JSON-LD vs. Layered JSON Schemas

JSON-LD vs. Layered JSON Schemas

TL;DR: A layered JSON schema can be used to encode linked data just like JSON-LD, with the added benefit of providing structural validation.

What is a “layered JSON schema”, you might ask.

A JSON schema defines the structure of a JSON document, but it doesn’t provide a way of managing metadata or semantic information. A layered JSON schema annotates a JSON schema using overlays to add metadata and semantic information. So if you have different uses for the same schema, you can use different layers to annotate it to fit those use cases.

Overlays can add annotations to a schema to describe how to translate a document to something else, like a knowledge graph. To add JSON-LD-like features to JSON schemas, we will annotate a JSON schema to denote a field as a node in the knowledge graph (RDF IRI node, a value node, or a blank node), or as an edge between nodes (an RDF predicate.)

First, a few words about JSON-LD: JSON-LD is JSON for Linked Data. It works by mapping JSON keys (field names) to standard concepts in an ontology using a @context. These concepts are represented using URIs, so they can link related concepts across different websites on the Internet. JSON-LD is also used to achieve interoperability between different representations of data.

In the following example, two different JSON objects are translated into the same knowledge graph using two different contexts mapping JSON field names to standard concepts from the schema.org ontology. As you can see, the context only provides a mapping for field names. It does not provide any guidance or validation on the structure of the document.

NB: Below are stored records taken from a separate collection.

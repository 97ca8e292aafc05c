-- ===== src/Board/Params/Writers/Flipped.antt =====
-- lib/params.ts: the sets that were parsed, and a set with one value turned round.
use Prim.Native.String.{String}
use job_dashboard.Prelude.{
  All-append, ◌+◌, ◌≤◌, str_eq, eq_iff, ◌≡◌, refl, ap, true, not, ◌||◌, Bool-cases, inl, inr,
  Option, none, some, List, [], ◌∷◌, ◌++◌, All, if◌then◌else◌, select, arith,
}
use job_dashboard.Board.Chips.{Tab, design, engineering, Group, type, pay, mode, season, level}
use job_dashboard.Board.Params.Reading.{tab_of, basis_of, parse_params, read_params}
use job_dashboard.Board.Params.{
  Numbers, Basis, tab_text, vocab, Raw, has, join, units, short, first, collect, pick_all,
}
use job_dashboard.Board.Params.Sets.{
  IsWord, All-has, total, total-select, All-select, has-select, picked, vocab-IsWord, vocab-total,
  reread,
}
use job_dashboard.Board.Params.Writers.{set_of, basis_value, same_group}

pub same_group_refl : (g : Group) → same_group g g ≡ true
unfolding same_group
same_group_refl type = refl
same_group_refl pay = refl
same_group_refl mode = refl
same_group_refl season = refl
same_group_refl level = refl

pub set_of-parse_params :
    (numbers : Numbers) (raw : Raw) (group : Group)
    → let p = parse_params numbers raw in
      set_of p group ≡ pick_all (short (collect (raw.group group))) (vocab p.tab group p.basis)
unfolding parse_params read_params set_of
set_of-parse_params numbers raw type = refl
set_of-parse_params numbers raw pay = refl
set_of-parse_params numbers raw mode = refl
set_of-parse_params numbers raw season = refl
set_of-parse_params numbers raw level = refl

pub tab-tab_text : (tab : Tab) → tab_of (some (tab_text tab)) ≡ tab
unfolding tab_of
tab-tab_text design = refl
tab-tab_text engineering = refl

pub basis-basis_value :
    (tab : Tab) (raw : Option String)
    → basis_of tab (first (basis_value (basis_of tab raw))) ≡ basis_of tab raw
unfolding basis_of first
basis-basis_value design none = refl
basis-basis_value design (some s) = ground (arith, eq_iff s "freelance")
basis-basis_value engineering raw = refl

-- The words of a parsed set, their length, and their places in the vocabulary.
pub record IsDrawn (s allowed : List String) : Type 0 where
  words : All IsWord s
  fits : total s ≤ 100
  inside : (v : String) → has s v ≡ true → has allowed v ≡ true

pub pick_all-IsDrawn :
    (raw : Option String) (tab : Tab) (group : Group) (basis : Option Basis)
    → IsDrawn (pick_all raw (vocab tab group basis)) (vocab tab group basis)
pick_all-IsDrawn raw tab group basis =
    let allowed = vocab tab group basis in
    let (p, e) = picked raw allowed in
    rw e (record {
      words = All-select IsWord p allowed (vocab-IsWord tab group basis);
      fits = omega (arith, total-select p allowed, vocab-total tab group basis);
      inside = λ v h. ground (arith, has-select p allowed v, h);
    })

has-append : (s t : List String) (v : String) → has (s ++ t) v ≡ has s v || has t v
has-append [] t v = refl
has-append (x ∷ s) t v = ground (arith, has-append s t v)

total-append : (s t : List String) → total (s ++ t) ≡ total s + total t
total-append [] t = omega arith
total-append (x ∷ s) t = omega (arith, total-append s t)

units-lt-total : (s : List String) (v : String) → has s v ≡ true → units v + 1 ≤ total s
units-lt-total [] v h = absurd (cc)
units-lt-total (x ∷ s) v h = elim (Bool-cases (str_eq x v)) [
  | inl e ↦ omega (arith, ap units ((eq_iff x v).0 e))
  | inr e ↦ omega (arith, units-lt-total s v (ground (arith, e, h)))
]

abbrev pub flipped : List String → String → List String
flipped current value =
    if has current value
    then select (λ existing. not (str_eq existing value)) current
    else current ++ (value ∷ [])

module _ (current allowed : List String) (value : String) (h : has allowed value ≡ true)
    (set : IsDrawn current allowed) where
  has-flipped :
      (v : String)
      → has (flipped current value) v
        ≡ (if str_eq value v then not (has current v) else has current v)
  has-flipped v = elim (Bool-cases (has current value)) [
    | inl e ↦ rw e (
        ground (
          arith,
          has-select (λ existing. not (str_eq existing value)) current v,
          eq_iff v value,
          eq_iff value v,
        ))
    | inr e ↦ rw e (ground (arith, has-append current (value ∷ []) v, eq_iff value v))
  ]

  flipped-IsWord : All IsWord allowed → All IsWord (flipped current value)
  flipped-IsWord words = elim (Bool-cases (has current value)) [
    | inl e ↦ rw e (All-select IsWord (λ existing. not (str_eq existing value)) current set.words)
    | inr e ↦ rw e (
        All-append IsWord current (value ∷ []) set.words (All-has IsWord allowed value words h, tt))
  ]

  total-flipped : total allowed ≤ 100 → total (flipped current value) ≤ 200
  total-flipped bound = elim (Bool-cases (has current value)) [
    | inl e ↦
        rw e
          (omega (arith, total-select (λ existing. not (str_eq existing value)) current, set.fits))
    | inr e ↦ rw e (
        omega (
          arith,
          total-append current (value ∷ []),
          units-lt-total allowed value h,
          set.fits,
          bound,
        ))
  ]

  pub reread-flipped :
      All IsWord allowed
      → total allowed ≤ 100
      → (v : String)
      → has (pick_all (short (some (join (flipped current value)))) allowed) v
        ≡ (if str_eq value v then not (has current v) else has current v)
  reread-flipped words bound v =
      rw (reread (flipped current value) allowed (flipped-IsWord words) (total-flipped bound)) (
        ground (
          arith,
          has-select (has (flipped current value)) allowed v,
          has-flipped v,
          set.inside v,
          eq_iff value v,
          h,
        ))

JSON-LD Processing Pipeline

In a JSON-LD document, you cannot specify if a JSON property should be an RDF node or an edge (predicate). The structure of the JSON document and whether or not there is an @id for the object determine that.

Now let’s do the same thing using a JSON schema. Take the following JSON document as an example (it is the same object from the right side of the above image). We will translate this object to a knowledge graph using a layered JSON schema:

{
  "id": "http://linkedin.com/jane-doe",
  "contact": {
    "city": "Denver",
    "state": "CO
  }
}

A JSON schema is a standard way of defining the structure of this object. The following schema can be used by any JSON schema validator to ensure that a JSON object follows the specified structure:

{
  "type": "object",
  "properties": {
    "id": {
      "type": "string"
    },
    "contact": {
      "type": "object",
      "properties": {
        "city": {
          "type": "string"
        },
        "state": {
          "type": "string"
        }
      }
    }
  }
}

The idea is to annotate this JSON schema to tell which data fields should be translated into knowledge graph nodes and which ones should be used as edge labels between nodes (RDF predicates.) We use a schema overlay to add that information. An overlay for this schema simply follows the same structure, but adds additional information to the schema fields:

{
  "properties": {
    "id": {
       "x-ls": {
         "rdfIRI": "."
       }
    },
    "contact": {
      "x-ls": {
        "rdfPredicate": "http://schema.org/address"
      },
      "properties": {
        "city": {
          "x-ls": {
            "rdfPredicate": "http://schema.org/addressLocality"
          }
        },
        "state": {
          "x-ls": {
            "rdfPredicate": "http://schema.org/addressRegion"
          }
        }
      }
    }
  }
}

In this overlay, each JSON field is annotated with an x-ls object. This is a convention suggested by the JSON schema specification to add extensions to a schema. x- means it is an extension, and ls means “Layered Schema”.

The rdfIRI: "." annotation tells that the value of the id field will be used to create an RDF IRI node. The remaining fields are annotated with rdfPredicate annotations. The rdfPredicate annotation tells that the JSON property should be translated as an RDF predicate (an edge in the graph).

We use a “schema bundle”, a file that combines the schema with the overlays used in this instance. Thus:

Layered Schema Processing Pipeline

This provides a fairly straight-forward algorithm to translate a JSON document into a knowledge graph based on schema annotations: If the schema says the attribute should be a node, we create a node, if the schema says it should be an edge, we create an edge with the given label. If the schema ends up connecting two edges without a node, we simply add a blank node.

A proof-of-concept implementation of this algorithm is here.

What is the benefit of this? It uses JSON schemas instead of a JSON-LD context, which is widely used to specify data structures. You can determine if a JSON document is valid, and you can also document the expected structure of data. Using schema overlays, you can create mappings to different ontologies for different use cases. Implementations of schemas may show variations based on different versions, and different practical and legal concerns, so the behavior of a schema can be tweaked to account for such variations, enhancing semantic interoperability.

And, you can extend the annotations to transform JSON objects into different types of data, including RDF knowledge graphs, labeled property graphs, or different JSON objects.